Light-induced chiral gauge field in 3D Dirac electrons in condensed matter

The chiral gauge field (CGF) plays a crucial role in condensed matter physics, particularly in materials known as Dirac and Weyl semimetals. Weyl semimetals arise from the breaking of time-reversal or spatial-inversion symmetries in Dirac semimetals. Recently, there has been a growing interest in manipulating these topological states by utilizing CGF through the application of light on materials. Using the framework of Floquet engineering [1], the impact of a circularly polarized laser on 3D Dirac electrons can be understood as the emergence of an effective CGF [2]. In this presentation, we will discuss the latest theoretical and experimental [3] efforts aimed at demonstrating laser-induced CGF and its implications in the field of ultrafast topological electronics.



References:

[1] Takashi Oka, Sota Kitamura, “Floquet engineering of quantum materials”, Annual Review of Condensed Matter Physics 10, 387 (2019).
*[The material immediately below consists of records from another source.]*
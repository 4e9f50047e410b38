-- ===== src/Profile/Statistics.antt =====
-- The statistics that a point gathers: runs of Stop with a value (RTDBG_PutProfVal).
use rt_debug_lib.Base.{
  ℕ, ◌+◌, ◌≤◌, ◌<◌, ◌≡◌, refl, ap, ◌∙◌, ◌⊎◌, inl, inr, some, List, [], ◌∷◌, ◌++◌, length, arith,
  Result, ok, Returns, Returns-result, u32_mod, u64_mod, ◌>>=◌, length-append,
}
use rt_debug_lib.Clock.{Timespec}
use rt_debug_lib.MemArea.{MemArea}
use rt_debug_lib.MemArea.Invariant.{used, capacity}
use rt_debug_lib.MemArea.Refine.{contents}
use rt_debug_lib.Profile.{ProfilePoint, ProfileData, reset_data, record_value, stop, update}
use rt_debug_lib.Profile.Update.{IsProfFifo, averaged, update_room}

-- The calls RTDBG_PutProfVal(&v) one after another; no reading is made for them.
abbrev epoch : Timespec
epoch = record { tv_sec = 0; tv_nsec = 0 }

pub put_values :
    ℕ
    → ℕ
    → List ℕ
    → ProfilePoint
    → MemArea ProfileData
    → Result (ProfilePoint × MemArea ProfileData)
put_values fifo_address buf_address [] p m = ok (p, m)
put_values fifo_address buf_address (v ∷ vs) p m = do
  (p', m') ← stop fifo_address buf_address epoch 0 (some v) p m
  put_values fifo_address buf_address vs p' m'

abbrev pub sum : List ℕ → ℕ
sum [] = 0
sum (v ∷ vs) = v + sum vs

abbrev pub AllLe : ℕ → List ℕ → Type 0
AllLe b [] = Unit {0}
AllLe b (v ∷ vs) = (v ≤ b) × AllLe b vs

abbrev pub Among : ℕ → List ℕ → Type 0
Among b [] = ⊥
Among b (v ∷ vs) = (b ≡ v) ⊎ Among b vs

-- `b` is the greatest of `a` and the values.
abbrev pub IsGreatest : ℕ → List ℕ → ℕ → Type 0
IsGreatest a vs b = (a ≤ b) × AllLe b vs × ((b ≡ a) ⊎ Among b vs)

-- What a run of values does to the data.
abbrev pub Gathered : ProfilePoint → List ℕ → ProfilePoint → Type 0
Gathered p vs q =
    (q.prof_data.meas_num ≡ p.prof_data.meas_num + length vs)
    × (q.prof_data.average_cnt ≡ p.prof_data.average_cnt + sum vs)
    × IsGreatest p.prof_data.max_cnt vs q.prof_data.max_cnt
    × (q.max_calls ≡ p.max_calls)
    × (q.mem_ptr ≡ p.mem_ptr)

AllLe-trans : (a b : ℕ) (vs : List ℕ) → a ≤ b → AllLe a vs → AllLe b vs
AllLe-trans a b [] h all = tt
AllLe-trans a b (v ∷ vs) h all = (omega arith, AllLe-trans a b vs h all.1)

module _ (fifo_address buf_address : ℕ) (m : MemArea ProfileData) where
  put_one :
      (v : ℕ) (p : ProfilePoint)
      → p.max_calls < u32_mod
      → p.prof_data.meas_num + 1 < p.max_calls
      → stop fifo_address buf_address epoch 0 (some v) p m ≡ ok (record_value v p, m)
  unfolding stop
  put_one v p small more = ground (arith, small, more)

  record_value-Gathered :
      (v : ℕ) (p : ProfilePoint)
      → p.prof_data.meas_num + 1 < u64_mod
      → p.prof_data.average_cnt + v < u64_mod
      → Gathered p (v ∷ []) (record_value v p)
  unfolding record_value
  record_value-Gathered v p small fits = ground (arith, small, fits)

  IsGreatest-trans :
      (a b c v : ℕ) (vs : List ℕ)
      → IsGreatest a (v ∷ []) b
      → IsGreatest b vs c
      → IsGreatest a (v ∷ vs) c
  IsGreatest-trans a b c v vs (le, all, which) (le', all', which') = (
    omega arith,
    (omega arith, all'),
    elim which' [
      | inr there ↦ inr (inr there)
      | inl same ↦ elim which [
        | inl e ↦ inl (same ∙ e)
        | inr (inl e) ↦ inr (inl (same ∙ e))
        | inr (inr none_left) ↦ absurd none_left
      ]
    ],
  )

  Gathered-trans :
      (p q r : ProfilePoint) (v : ℕ) (vs : List ℕ)
      → Gathered p (v ∷ []) q
      → Gathered q vs r
      → Gathered p (v ∷ vs) r
  Gathered-trans p q r v vs (num, total, most, calls, link) (num', total', most', calls', link') = (
    omega arith,
    omega arith,
    IsGreatest-trans p.prof_data.max_cnt q.prof_data.max_cnt r.prof_data.max_cnt v vs most most',
    calls' ∙ calls,
    link' ∙ link,
  )

  -- Fewer values than the update count, with a sum below 2^64, leave the FIFO alone: the point holds how many there were,
  -- their sum and the greatest of them, on top of what it held, and no call faults.
  pub put_values_gather :
      (vs : List ℕ) (p : ProfilePoint)
      → p.max_calls < u32_mod
      → p.prof_data.meas_num + length vs < p.max_calls
      → p.prof_data.average_cnt + sum vs < u64_mod
      → Returns
          (put_values fifo_address buf_address vs p m)
          λ out. Gathered p vs out.0 × (out.1 ≡ m)
  unfolding put_values
  put_values_gather [] p small more fits =
      ((omega arith, omega arith, (omega arith, tt, inl refl), refl, refl), refl)
  put_values_gather (v ∷ vs) p small more fits =
      let p' = record_value v p in
      let one : Gathered p (v ∷ []) p' = record_value-Gathered v p (omega arith) (omega arith) in
      let ((q, m'), run, (rest, same)) =
        Returns-result (put_values fifo_address buf_address vs p' m) _
          (put_values_gather vs p' (omega arith) (omega arith) (omega arith)) in
      rw (put_one v p small (omega arith), run) (Gathered-trans p p' q v vs one rest, same)

  -- What the value that fills the count hands on.
  pub record IsFlushed (p : ProfilePoint) (vs : List ℕ) (out : ProfilePoint × MemArea ProfileData)
      : Type 0 where
    pub full : ProfilePoint
    pub gathered : Gathered p vs full
    pub stored : contents out.1 ≡ contents m ++ averaged full.prof_data ∷ []
    pub fifo : IsProfFifo buf_address out.1
    pub cleared : out.0.prof_data ≡ reset_data

  put_last :
      (v : ℕ) (p : ProfilePoint)
      → p.max_calls < u32_mod
      → p.prof_data.meas_num + 1 ≡ p.max_calls
      → put_values fifo_address buf_address (v ∷ []) p m
        ≡ (update fifo_address buf_address (record_value v p) m >>= λ (p', m'). ok (p', m'))
  unfolding put_values stop record_value
  put_last v p small last = ground (arith, small, last)

  module _ (valid : IsProfFifo buf_address m) (room : used m < capacity m) where
    flush_last :
        (v : ℕ) (p : ProfilePoint)
        → p.mem_ptr ≡ fifo_address
        → p.max_calls < u32_mod
        → p.prof_data.meas_num + 1 ≡ p.max_calls
        → p.prof_data.average_cnt + v < u64_mod
        → Returns (put_values fifo_address buf_address (v ∷ []) p m) (IsFlushed p (v ∷ []))
    flush_last v p linked small last fits =
        let p' = record_value v p in
        let g : Gathered p (v ∷ []) p' = record_value-Gathered v p (omega arith) fits in
        let (num, total, most, calls, link) = g in
        let ((q, m'), run, (fifo, stored, cleared)) =
          Returns-result (update fifo_address buf_address p' m) _ (
            update_room fifo_address buf_address p' m valid (link ∙ linked) (λ e. omega arith)
              room) in
        rw (put_last v p small last, run)
          (record {
            full = p';
            gathered = g;
            stored = stored;
            fifo = fifo;
            cleared = ap (λ (r : ProfilePoint). r.prof_data) cleared;
          })

    -- The value that brings the number of measurements to the update count, in a point linked to the
    -- FIFO and for a sum below 2^64: every call returns, the
    -- FIFO, with room in it, gains one entry, for as many measurements as the count says, with the
    -- sum of their values divided by their number and the greatest value, on top of what the point
    -- held, and the point's data are cleared.
    pub put_values_flush :
        (vs : List ℕ) (v : ℕ) (p : ProfilePoint)
        → p.mem_ptr ≡ fifo_address
        → p.max_calls < u32_mod
        → p.prof_data.meas_num + length (vs ++ v ∷ []) ≡ p.max_calls
        → p.prof_data.average_cnt + sum (vs ++ v ∷ []) < u64_mod
        → Returns
            (put_values fifo_address buf_address (vs ++ v ∷ []) p m)
            (IsFlushed p (vs ++ v ∷ []))
    unfolding put_values
    put_values_flush [] v p linked small count fits =
        flush_last v p linked small count (omega arith)
    put_values_flush (w ∷ vs) v p linked small count fits =
        let p' = record_value w p in
        let some_left : length (vs ++ v ∷ []) ≡ length vs + 1 = length-append vs (v ∷ []) in
        let one : Gathered p (w ∷ []) p' = record_value-Gathered w p (omega arith) (omega arith) in
        let (num, total, most, calls, link) = one in
        let (out, run, flushed) =
          Returns-result (put_values fifo_address buf_address (vs ++ v ∷ []) p' m) _
            (put_values_flush vs v p' (link ∙ linked) (omega arith) (omega arith) (omega arith)) in
        rw (put_one w p small (omega arith), run)
          (record {
            full = flushed.full;
            gathered = Gathered-trans p p' flushed.full w (vs ++ v ∷ []) one flushed.gathered;
            stored = flushed.stored;
            fifo = flushed.fifo;
            cleared = flushed.cleared;
          })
[2] Shu Ebihara, Kenji Fukushima, Takashi Oka, “Chiral pumping effect induced by rotating electric fields”, Physical Review B 93, 155107 (2016).

[3] Naotaka Yoshikawa et al., “Light-induced chiral gauge field in a massive 3D Dirac electron system”, arXiv:2209.11932. Yoshua Hirai, et al. "Anomalous Hall effect of light-driven three-dimensional Dirac electrons in bismuth", arXiv:2301.06072.